Resetting standard performance statistically in tests with small samples is challenging because the small sample statistics often include bias, caused by sampling error. In practice, therefore, are the standard setting procedures applied that rely on experts’ estimation such as Angoff (1971), and empirical information to statistically reset the standard is neglected. But the standard-setting methods that include experts estimation, are biased too, and often expensive (Cizek & Bunch, 2007).
Livingston and Kim (2009) proposed a circle-arc equating for small samples. This method assumes a curvilinear relationship between reference and a new test to prevent the transformation of the scores beyond the range of possible scores.
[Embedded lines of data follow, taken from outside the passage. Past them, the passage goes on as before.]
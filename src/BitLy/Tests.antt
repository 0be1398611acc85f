-- ===== src/BitLy/Tests.antt =====
-- Runs of the alias test, and its theorem at a concrete input.
use urlhero.Common.{◌≡◌, ◌↔◌, refl, [], ◌∷◌, true, arith}
use urlhero.BitLy.{is_ip_alias}
use urlhero.BitLy.Range.{AnyAlias, is_ip_alias_iff}

alias_first : is_ip_alias ((67 ∷ 199 ∷ 248 ∷ 10 ∷ []) ∷ []) ≡ true
unfolding is_ip_alias
alias_first = refl

is_ip_alias_iff_example :
    (is_ip_alias ((1 ∷ 2 ∷ 3 ∷ 4 ∷ []) ∷ (67 ∷ 199 ∷ 248 ∷ 13 ∷ []) ∷ []) ≡ true)
    ↔ AnyAlias ((1 ∷ 2 ∷ 3 ∷ 4 ∷ []) ∷ (67 ∷ 199 ∷ 248 ∷ 13 ∷ []) ∷ [])
is_ip_alias_iff_example =
    is_ip_alias_iff ((1 ∷ 2 ∷ 3 ∷ 4 ∷ []) ∷ (67 ∷ 199 ∷ 248 ∷ 13 ∷ []) ∷ []) (ground arith)
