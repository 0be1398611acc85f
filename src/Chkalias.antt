-- ===== src/Chkalias.antt =====
-- cmd/chkalias/chkalias.go: the hosts of a DNS dataset that resolve to an address of bit.ly. `open_file`
-- is `os.Open`, `gunzip` is `gzip.NewReader`, `new_decoder` is `json.NewDecoder` without unknown fields and
-- `parse_ip` is `net.ParseIP`, with no bytes for nil. What is printed is left out, and a time is its
-- seconds.
pub mod Sonar
pub mod Records
pub mod Hosts
pub mod Main
mod Tests
use urlhero.Common.{
  ℕ, zero, suc, Bool, true, false, Option, none, some, List, [], ◌∷◌, ◌++◌, ◌⊎◌, inl, inr, Outcome,
  ok, err, panic, hang, Bytes, codes, str_eq, if◌then◌else◌, has_suffix, ℤ, parse_int_value, length,
}
use urlhero.BitLy.{is_ip_alias}

-- The error that ends a decoder.
pub data DecodeEnd : Type 0 where
  eof : DecodeEnd
  syntax : DecodeEnd
  failure : ℕ → DecodeEnd

-- a record of the dataset
pub record SonarRecord : Type 0 where
  pub timestamp : Bytes
  pub name : Bytes
  pub value : Bytes
  pub kind : Bytes

-- A decoder is what its calls of `Decode` give, a record or an error in a JSON value that is well
-- formed, and then the error that ends it, which every later call gives again.
pub record Decoder : Type 0 where
  pub items : List (ℕ ⊎ SonarRecord)
  pub final : DecodeEnd

pub record DnsRecord : Type 0 where
  pub time : ℤ
  pub host : Bytes
  pub ip : Bytes

module _ (parse_ip : Bytes → Bytes) where
  -- The record, unless its type is not recognized.
  unfoldable pub dns_record : SonarRecord → Option DnsRecord
  unfolding str_eq parse_int_value
  dns_record r =
      let time = (parse_int_value r.timestamp).0 in
      if str_eq r.kind (codes "ns")
      then some (record { time = time; host = r.name; ip = parse_ip r.value })
      else if str_eq r.kind (codes "ptr")
      then some (record { time = time; host = r.value; ip = parse_ip r.name })
      else none

  abbrev pub keep_alias : Option DnsRecord → List DnsRecord → List DnsRecord
  keep_alias none aliases = aliases
  keep_alias (some r) aliases = if is_ip_alias (r.ip ∷ []) then aliases ++ r ∷ [] else aliases

  -- The loop of `lookupProjectSonar`. An error comes with the aliases found before it.
  unfoldable pub sonar_loop :
      ℕ → Decoder → List DnsRecord → Outcome (ℕ × List DnsRecord) (List DnsRecord)
  unfolding dns_record is_ip_alias
  sonar_loop zero d aliases = hang
  sonar_loop (suc fuel) d aliases = elim d.items [
    | [] ↦
        let again = sonar_loop fuel d aliases in
        elim d.final [ eof ↦ ok aliases | syntax ↦ again | failure e ↦ err (e, aliases) ]
    | item ∷ items ↦ elim item [
      | inl e ↦ err (e, aliases)
      | inr r ↦ sonar_loop fuel (record d { items = items }) (keep_alias (dns_record r) aliases)
    ]
  ]

  -- the reader of the file, unpacked where its name ends in ".gz"
  abbrev pub open_decoder :
      {F : Type 0} → (Bytes → ℕ ⊎ F) → (F → ℕ ⊎ F) → (F → Decoder) → Bytes → ℕ ⊎ Decoder
  open_decoder open_file gunzip new_decoder filename = elim (open_file filename) [
    | inl e ↦ inl e
    | inr f ↦ elim (if has_suffix filename (codes ".gz") then gunzip f else inr f) [
      | inl e ↦ inl e
      | inr r ↦ inr (new_decoder r)
    ]
  ]

  abbrev pub sonar_opened : ℕ → ℕ ⊎ Decoder → Outcome (ℕ × List DnsRecord) (List DnsRecord)
  sonar_opened fuel (inl e) = err (e, [])
  sonar_opened fuel (inr d) = sonar_loop fuel d []

  -- `lookupProjectSonar`
  unfoldable pub lookup_project_sonar :
      {F : Type 0}
      → ℕ
      → (Bytes → ℕ ⊎ F)
      → (F → ℕ ⊎ F)
      → (F → Decoder)
      → Bytes
      → Outcome (ℕ × List DnsRecord) (List DnsRecord)
  unfolding sonar_loop has_suffix
  lookup_project_sonar fuel open_file gunzip new_decoder filename =
      sonar_opened fuel (open_decoder open_file gunzip new_decoder filename)
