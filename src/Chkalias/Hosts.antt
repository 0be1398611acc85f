-- ===== src/Chkalias/Hosts.antt =====
-- cmd/chkalias/chkalias.go: `lookup`, the addresses of hosts. `lookup_ip` is `net.LookupIP` and `sort_slice`
-- is `sort.Slice`. What is printed of the hosts that share an address, of the aliases and of the errors
-- is the report; the line of each host with its addresses is left out. A map is the list of its
-- entries.
pub mod Groups
pub mod Aliases
mod Tests
use urlhero.Common.{
  ℕ, zero, suc, ◌+◌, Bool, true, false, Option, none, some, List, [], ◌∷◌, ◌++◌, ◌⊎◌, inl, inr,
  Bytes, codes, str_eq, str_lt, ltb, ◌==◌, if◌then◌else◌, length, map,
}
use urlhero.BitLy.{v4_in_v6_prefix, is_ip_alias}

pub record HostIp : Type 0 where
  pub host : Bytes
  pub ips : List Bytes

pub record Resolved (E : Type 0) : Type 0 where
  pub host_info : List HostIp
  pub ip_map : List (Bytes × List Bytes)
  pub errs : List E

-- `net.IP.To16`
unfoldable pub to16 : Bytes → Option Bytes
to16 ip =
    if length ip == 4
    then some (v4_in_v6_prefix ++ ip)
    else if length ip == 16
    then some ip
    else none

-- `ipMap[b]`
unfoldable pub hosts_at : Bytes → List (Bytes × List Bytes) → List Bytes
unfolding str_eq
hosts_at b [] = []
hosts_at b ((key, hosts) ∷ ip_map) =
    let rest = hosts_at b ip_map in if str_eq key b then hosts else rest

-- `ipMap[b] = append(ipMap[b], host)`
unfoldable pub append_at : Bytes → Bytes → List (Bytes × List Bytes) → List (Bytes × List Bytes)
unfolding str_eq
append_at b host [] = (b, host ∷ []) ∷ []
append_at b host ((key, hosts) ∷ ip_map) =
    let rest = append_at b host ip_map in
    if str_eq key b then (key, hosts ++ host ∷ []) ∷ ip_map else (key, hosts) ∷ rest

abbrev pub add_ip : Bytes → Option Bytes → List (Bytes × List Bytes) → List (Bytes × List Bytes)
add_ip host none ip_map = ip_map
add_ip host (some b) ip_map = append_at b host ip_map

-- the loop over the addresses of a host
unfoldable pub add_ips : Bytes → List Bytes → List (Bytes × List Bytes) → List (Bytes × List Bytes)
unfolding append_at to16
add_ips host [] ip_map = ip_map
add_ips host (ip ∷ ips) ip_map = add_ips host ips (add_ip host (to16 ip) ip_map)

module _ {E : Type 0} (lookup_ip : Bytes → E ⊎ List Bytes)
    (sort_slice : (Bytes → Bytes → Bool) → List Bytes → List Bytes) where
  -- a round of the loop over the hosts
  abbrev pub add_host : Resolved E → Bytes → E ⊎ List Bytes → Resolved E
  add_host r host (inl e) = record r { errs = r.errs ++ e ∷ [] }
  add_host r host (inr ips) = record r {
    host_info = r.host_info ++ record { host = host; ips = sort_slice str_lt ips } ∷ [];
    ip_map = add_ips host (sort_slice str_lt ips) r.ip_map;
  }

  unfoldable pub resolve : Resolved E → List Bytes → Resolved E
  unfolding add_ips str_lt
  resolve r [] = r
  resolve r (host ∷ hosts) = resolve (add_host r host (lookup_ip host)) hosts

abbrev pub zero_key : Bytes
zero_key = 0 ∷ 0 ∷ 0 ∷ 0 ∷ 0 ∷ 0 ∷ 0 ∷ 0 ∷ 0 ∷ 0 ∷ 0 ∷ 0 ∷ 0 ∷ 0 ∷ 0 ∷ 0 ∷ []

-- The keys, which are appended to as many keys of zeros.
unfoldable pub ip_keys : List (Bytes × List Bytes) → List (Bytes × List Bytes) → List Bytes
ip_keys [] ip_map = map (λ entry. entry.0) ip_map
ip_keys (_ ∷ more) ip_map = zero_key ∷ ip_keys more ip_map

-- The hosts of one address: a comma follows but where the place is the last one of the keys.
unfoldable pub print_hosts : ℕ → ℕ → List Bytes → Bytes
print_hosts n i [] = []
print_hosts n i (host ∷ hosts) =
    host ++ ((if i + 1 == n then [] else codes ", ") ++ print_hosts n (i + 1) hosts)

-- the loop over the keys
unfoldable pub print_shared : ℕ → List Bytes → List (Bytes × List Bytes) → List (Bytes × Bytes)
unfolding hosts_at print_hosts
print_shared n [] ip_map = []
print_shared n (ip ∷ keys) ip_map =
    let rest = print_shared n keys ip_map in
    let hosts = hosts_at ip ip_map in
    if ltb 1 (length hosts) then (ip, print_hosts n 0 hosts) ∷ rest else rest

-- the loop over the hosts that prints the aliases
unfoldable pub print_aliases : List HostIp → List Bytes
unfolding is_ip_alias
print_aliases [] = []
print_aliases (h ∷ host_info) =
    let rest = print_aliases host_info in if is_ip_alias h.ips then h.host ∷ rest else rest

pub record Report (E : Type 0) : Type 0 where
  pub shared : List (Bytes × Bytes)
  pub aliases : List Bytes
  pub errs : List E

-- what `lookup` prints once the hosts are resolved
abbrev pub report :
    {E : Type 0} → ((Bytes → Bytes → Bool) → List Bytes → List Bytes) → Resolved E → Report E
report sort_slice r =
    let keys = sort_slice str_lt (ip_keys r.ip_map r.ip_map) in
    record {
      shared = print_shared (length keys) keys r.ip_map;
      aliases = print_aliases r.host_info;
      errs = r.errs;
    }

-- `lookup`
unfoldable pub lookup :
    {E : Type 0}
    → (Bytes → E ⊎ List Bytes)
    → ((Bytes → Bytes → Bool) → List Bytes → List Bytes)
    → List Bytes
    → Report E
unfolding resolve print_shared print_aliases ip_keys
lookup lookup_ip sort_slice hosts =
    report sort_slice
      (resolve lookup_ip sort_slice (record { host_info = []; ip_map = []; errs = [] }) hosts)
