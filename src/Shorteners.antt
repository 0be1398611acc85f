-- ===== src/Shorteners.antt =====
-- shorteners/shorteners.go: the description of a shortener, and how a shortcode is cleaned out of
-- a URL. Of a `url.URL` the package reads the fields given here.
pub mod Collect
pub mod Insertion
pub mod Lookup
pub mod Breaks
pub mod BfyTw
mod Cases
pub mod QrCx
pub mod Sites
pub mod RbGy
pub mod Target
pub mod ShortIm
pub mod Sorted
pub mod Order
pub mod Clean
pub mod All
pub mod Texts
pub mod Patterns
mod Tests
use urlhero.Common.{
  ℕ, Bool, true, false, not, ◌&&◌, ◌||◌, Option, none, some, List, [], ◌∷◌, map, ◌⊎◌, inl, inr,
  Bytes, codes, str_eq, ltb, length, take, ◌==◌, if◌then◌else◌, index, index_any, trim_left,
  trim_right, str_lt,
}
use mathlib.Core.Option as Option

pub record Url : Type 0 where
  pub hostname : Bytes
  pub path : Bytes
  pub query : Bytes → Bytes

-- `Pattern` is what its `MatchString` answers.
pub record Shortener : Type 0 where
  pub name : Bytes
  pub host : Bytes
  pub pre : Bytes
  pub alphabet : Bytes
  pub pattern : Option (Bytes → Bool)
  pub clean_func : Option (Bytes → Url → Bytes)
  pub is_vanity_func : Option (Bytes → Bool)
  pub has_vanity : Bool

pub data CleanError : Type 0 where
  parse_error : Bytes → CleanError
  no_match : Shortener → Bytes → Url → CleanError

abbrev pub singles : Bytes → List Bytes
singles [] = []
singles (c ∷ cs) = (c ∷ []) ∷ singles cs

-- ‹ › « » ‘ ’ “ ” and the two spaces, after the ASCII characters
abbrev pub junk : List Bytes
junk =
    (0xE2 ∷ 0x80 ∷ 0xB9 ∷ [])
    ∷ (0xE2 ∷ 0x80 ∷ 0xBA ∷ [])
    ∷ (0xC2 ∷ 0xAB ∷ [])
    ∷ (0xC2 ∷ 0xBB ∷ [])
    ∷ (0xE2 ∷ 0x80 ∷ 0x98 ∷ [])
    ∷ (0xE2 ∷ 0x80 ∷ 0x99 ∷ [])
    ∷ (0xE2 ∷ 0x80 ∷ 0x9C ∷ [])
    ∷ (0xE2 ∷ 0x80 ∷ 0x9D ∷ [])
    ∷ (0xC2 ∷ 0xA0 ∷ [])
    ∷ (0xE2 ∷ 0x80 ∷ 0x8B ∷ [])
    ∷ (0x00 ∷ [])
    ∷ singles (codes "()[]<>\"'\\& \n")

-- `s[:i]` for an index that was found
abbrev pub upto : Bytes → Option ℕ → Bytes
upto s none = s
upto s (some i) = take i s

unfoldable pub trim_after : Bytes → Bytes → Bytes
unfolding index
trim_after s substr = upto s (index s substr)

unfoldable pub trim_after_any : Bytes → List Bytes → Bytes
unfolding index_any
trim_after_any s chars = upto s (index_any s chars)

unfoldable pub is_common_file : Bytes → Bool
unfolding str_eq
is_common_file s = str_eq s [] || (str_eq s (codes "favicon.ico") || str_eq s (codes "robots.txt"))

-- The shortcode before a `CleanFunc`.
unfoldable pub trim_path : Bytes → Bytes
unfolding trim_after trim_after_any trim_left trim_right
trim_path path =
    let shortcode = trim_after_any (trim_left path (codes "/")) junk in
    let http = trim_after shortcode (codes "http:/") in
    let https = trim_after http (codes "https:/") in
    let www = trim_after https (codes "www.") in
    trim_right (trim_right www (codes ".,;!")) (codes "/")

abbrev pub not_common : Bytes → Bytes
not_common shortcode = if is_common_file shortcode then [] else shortcode

-- `cleanURL`
unfoldable pub clean_url : Url → Option (Bytes → Url → Bytes) → Bytes
unfolding trim_path is_common_file
clean_url u clean =
    let shortcode = trim_path u.path in
    if is_common_file shortcode
    then []
    else elim clean [ none ↦ shortcode | some f ↦ not_common (f shortcode u) ]

-- `Shortener.CleanURL`: the test of `Pattern` comes last.
abbrev pub matches : Option (Bytes → Bool) → Bytes → Bool
matches none s = true
matches (some p) s = p s

unfoldable pub checked_clean_url : Shortener → Url → CleanError ⊎ Bytes
unfolding clean_url
checked_clean_url s u =
    let shortcode = clean_url u s.clean_func in
    if not (str_eq shortcode []) && not (matches s.pattern shortcode)
    then inl (CleanError.no_match s shortcode u)
    else inr shortcode

-- `IsVanity`
unfoldable pub is_vanity : Shortener → Bytes → Bool
is_vanity s shortcode = elim s.is_vanity_func [ none ↦ false | some f ↦ f shortcode ]

abbrev pub shorter : Bytes → Bytes → Bool
shorter a b = (length a == length b && str_lt a b) || ltb (length a) (length b)

abbrev pub bool_eq : Bool → Bool → Bool
bool_eq true b = b
bool_eq false b = not b

-- The order of `Sort`.
unfoldable pub less : Option (Bytes → Bool) → Bytes → Bytes → Bool
unfolding str_lt
less none a b = shorter a b
less (some vanity) a b =
    (bool_eq (vanity a) (vanity b) && shorter a b) || (not (vanity a) && vanity b)

-- whether a key is in the map
unfoldable pub contains : Bytes → List Bytes → Bool
unfolding str_eq
contains c [] = false
contains c (x ∷ xs) = str_eq c x || contains c xs

-- The variables of `CleanURLs`; the map's keys are in the order of their insertion.
pub record Cleaning : Type 0 where
  pub shortcodes_map : List Bytes
  pub shortcodes : List Bytes
  pub errs : List CleanError
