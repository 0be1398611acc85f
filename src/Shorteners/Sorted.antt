-- ===== src/Shorteners/Sorted.antt =====
-- shorteners/shorteners.go: lists in the order of `Sort`, and what `sort.Slice` promises.
use native.Mathlib.Nat.{ℕ_set}
use urlhero.Common.{
  ℕ, ◌+◌, ◌≤◌, Bool, true, false, ◌||◌, List, [], ◌∷◌, ◌++◌, ◌≡◌, ◌↔◌, ◌⊎◌, inl, inr, refl, sym, ap,
  ap₂, ◌∙◌, subst, arith, Bytes, str_eq, str_eq_iff, Bool-cases, All, if◌then◌else◌,
}
use mathlib.Core.Logic.{∥∥₁_elim}
use mathlib.Core.List.{Perm, Permᴰ}
use urlhero.Shorteners.{contains}

pub record StrictOrder (lt : Bytes → Bytes → Bool) : Type 0 where
  pub irrefl : (a : Bytes) → lt a a ≡ false
  pub trans : (a b c : Bytes) → lt a b ≡ true → lt b c ≡ true → lt a c ≡ true
  pub total : (a b : Bytes) → lt a b ≡ false → lt b a ≡ false → a ≡ b

-- No element is less than an earlier one.
abbrev pub IsSorted : (Bytes → Bytes → Bool) → List Bytes → Type 0
IsSorted lt [] = Unit
IsSorted lt (x ∷ xs) = All (λ y. lt y x ≡ false) xs × IsSorted lt xs

-- Each element is less than all later ones.
abbrev pub Ascending : (Bytes → Bytes → Bool) → List Bytes → Type 0
Ascending lt [] = Unit
Ascending lt (x ∷ xs) = All (λ y. lt x y ≡ true) xs × Ascending lt xs

-- The documentation of `sort.Slice`, for the orders used here. It is not stable, and the order of
-- equal elements is not said.
pub record SortsSlices (sort_slice : (Bytes → Bytes → Bool) → List Bytes → List Bytes)
    : Type 0 where
  pub perm :
      {lt : Bytes → Bytes → Bool} → StrictOrder lt → (xs : List Bytes) → Perm (sort_slice lt xs) xs
  pub sorted :
      {lt : Bytes → Bytes → Bool}
      → StrictOrder lt
      → (xs : List Bytes) → IsSorted lt (sort_slice lt xs)

-- how often `c` stands in the list
unfoldable pub occ : Bytes → List Bytes → ℕ
occ c [] = 0
occ c (x ∷ xs) = (if str_eq c x then 1 else 0) + occ c xs

Permᴰ-occ : (c : Bytes) {xs ys : List Bytes} → Permᴰ xs ys → occ c xs ≡ occ c ys
unfolding occ
Permᴰ-occ c Permᴰ.nil = refl
Permᴰ-occ c (Permᴰ.cons e p) = ap₂ (λ x n. (if str_eq c x then 1 else 0) + n) e (Permᴰ-occ c p)
Permᴰ-occ c (Permᴰ.swap {l = l} e e') = rw (e, e') (omega arith)
Permᴰ-occ c (Permᴰ.trans p q) = Permᴰ-occ c p ∙ Permᴰ-occ c q

pub occ-perm : (c : Bytes) {xs ys : List Bytes} → Perm xs ys → occ c xs ≡ occ c ys
occ-perm c p = ∥∥₁_elim p (ℕ_set _ _) (Permᴰ-occ c)

pub contains_iff_occ : (c : Bytes) (xs : List Bytes) → (contains c xs ≡ true) ↔ (1 ≤ occ c xs)
unfolding contains occ
contains_iff_occ c [] = ground arith
contains_iff_occ c (x ∷ xs) = ground (arith, contains_iff_occ c xs)

pub contains-perm : (c : Bytes) {xs ys : List Bytes} → Perm xs ys → contains c xs ≡ contains c ys
contains-perm c {xs} {ys} p =
    let same = occ-perm c p in
    let left = contains_iff_occ c xs in let right = contains_iff_occ c ys in ground arith

pub contains-append :
    (c : Bytes) (xs : List Bytes) (y : Bytes)
    → contains c (xs ++ y ∷ []) ≡ (contains c xs || str_eq c y)
unfolding contains
contains-append c [] y = ground arith
contains-append c (x ∷ xs) y = ground (arith, contains-append c xs y)

pub occ-append :
    (c : Bytes) (xs : List Bytes) (y : Bytes)
    → occ c (xs ++ y ∷ []) ≡ occ c xs + (if str_eq c y then 1 else 0)
unfolding occ
occ-append c [] y = omega arith
occ-append c (x ∷ xs) y = omega (arith, occ-append c xs y)

pub contains_nil : (c : Bytes) → ¬ (contains c [] ≡ true)
unfolding contains
contains_nil c e = ground arith

pub contains_head : (c : Bytes) (xs : List Bytes) → contains c (c ∷ xs) ≡ true
unfolding contains
contains_head c xs = rw ((str_eq_iff c c).1 refl) refl

pub contains_cons :
    (c y : Bytes) (xs : List Bytes) → contains c (y ∷ xs) ≡ true → (c ≡ y) ⊎ (contains c xs ≡ true)
unfolding contains
contains_cons c y xs m = ground (arith, str_eq_iff c y)

same_tail :
    (c x : Bytes) (xs ys : List Bytes)
    → contains x xs ≡ false
    → contains x ys ≡ false
    → contains c (x ∷ xs) ≡ contains c (x ∷ ys)
    → contains c xs ≡ contains c ys
unfolding contains
same_tail c x xs ys hx hy e = elim (Bool-cases (str_eq c x)) [
  | inl r ↦
      let cx : c ≡ x = (str_eq_iff c x).0 r in
      ap (λ z. contains z xs) cx ∙ hx ∙ sym (ap (λ z. contains z ys) cx ∙ hy)
  | inr r ↦ ground arith
]

module _ {lt : Bytes → Bytes → Bool} (o : StrictOrder lt) where
  above :
      (x : Bytes) (xs : List Bytes)
      → occ x xs ≡ 0
      → All (λ y. lt y x ≡ false) xs
      → All (λ y. lt x y ≡ true) xs
  unfolding occ
  above x [] z h = tt
  above x (y ∷ xs) z (hy, hs) =
      let yx = o.total x y in
      let e = (str_eq_iff x y).1 in (ground arith, above x xs (omega arith) hs)

  pub sorted-Ascending :
      (xs : List Bytes) → ((c : Bytes) → occ c xs ≤ 1) → IsSorted lt xs → Ascending lt xs
  unfolding occ
  sorted-Ascending [] d h = tt
  sorted-Ascending (x ∷ xs) d (hx, hs) =
      let r = (str_eq_iff x x).1 refl in
      let dx = d x in
      (above x xs (ground arith) hx, sorted-Ascending xs (λ c. ground (arith, d c)) hs)

  lt_of_mem :
      (x c : Bytes) (xs : List Bytes)
      → All (λ y. lt x y ≡ true) xs
      → contains c xs ≡ true
      → lt x c ≡ true
  lt_of_mem x c [] h m = absurd (contains_nil c m)
  lt_of_mem x c (y ∷ xs) (hy, hs) m = elim (contains_cons c y xs m) [
    | inl e ↦ subst (λ z. lt x z ≡ true) (sym e) hy
    | inr k ↦ lt_of_mem x c xs hs k
  ]

  not_in_tail : (x : Bytes) (xs : List Bytes) → All (λ y. lt x y ≡ true) xs → contains x xs ≡ false
  not_in_tail x xs h = let k = lt_of_mem x x xs h in let i = o.irrefl x in ground arith

  heads :
      (x y : Bytes) (xs ys : List Bytes)
      → Ascending lt (x ∷ xs)
      → Ascending lt (y ∷ ys)
      → contains x (y ∷ ys) ≡ true
      → contains y (x ∷ xs) ≡ true
      → x ≡ y
  heads x y xs ys (hx, _) (hy, _) mx my = elim (contains_cons x y ys mx) [
    | inl e ↦ e
    | inr k ↦ elim (contains_cons y x xs my) [
      | inl e ↦ sym e
      | inr k' ↦
          let xx = o.trans x y x (lt_of_mem x y xs hx k') (lt_of_mem y x ys hy k) in
          let i = o.irrefl x in ground arith
    ]
  ]

  -- The elements determine an ascending list.
  pub Ascending-unique :
      (xs ys : List Bytes)
      → Ascending lt xs
      → Ascending lt ys
      → ((c : Bytes) → contains c xs ≡ contains c ys)
      → xs ≡ ys
  Ascending-unique [] [] a b h = refl
  Ascending-unique [] (y ∷ ys) a b h = absurd (contains_nil y (h y ∙ contains_head y ys))
  Ascending-unique (x ∷ xs) [] a b h = absurd (contains_nil x (sym (h x) ∙ contains_head x xs))
  Ascending-unique (x ∷ xs) (y ∷ ys) a b h =
      let e : x ≡ y =
        heads x y xs ys a b (sym (h x) ∙ contains_head x xs) (h y ∙ contains_head y ys) in
      ap₂ ◌∷◌ e (
        Ascending-unique xs ys a.1 b.1 (λ c.
          same_tail c x xs ys (not_in_tail x xs a.0) (rw e (not_in_tail y ys b.0))
            (h c ∙ ap (λ z. contains c (z ∷ ys)) (sym e))))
Different studies have shown promising results in favor of circle-arc method (Dwyer, 2016; LaFlair, Isbell, May, Gutierrez & Jamieson, 2015), but because the circle-arc method is a solution from the classical test theory approach it has its limitations too. Especially in the context where the population ability and test difficulty interact. In the later, Item Response Theory (IRT) outperforms classical test theory, but until now, it is not advised for small samples (Kolen & Brennan, 2014).
IRT is a theory about the responses of participants on a given test or exam. In this theory, the probability of correctly answering an item by a respondent is modeled assuming that a score on an item is dependent on the ability of the respondent and of the item characteristics. One of the IRT models is the One Parameter Logistic Model (OPLM; Verhelst & Glas, 1995). In OPLM are the item difficulty parameters estimated with the conditional maximum likelihood estimation, which means that no assumption of the population ability has to be made and the sample does not have to be representative to the population.
In the present simulation study, we will compare Circle-arc equating and IRT concurrent calibration with OPLM in transferring cut-score from reference test to a new test in three different contexts: at first we will fix the reference sample during the calibration, second, set them free and in the third context we will vary the population ability on a new test with low, and high ability group. Within each context, data is simulated in three varying situations: sample size, test length, and test difficulty. The results demonstrate that even in small samples (50 subjects taking both tests) IRT method outperforms classical test theory approach when tests’ difficulty and population ability interact. The discussion involves the suggestion for further research such as the influence of the anchor-test and the reliability of the tests in the equating.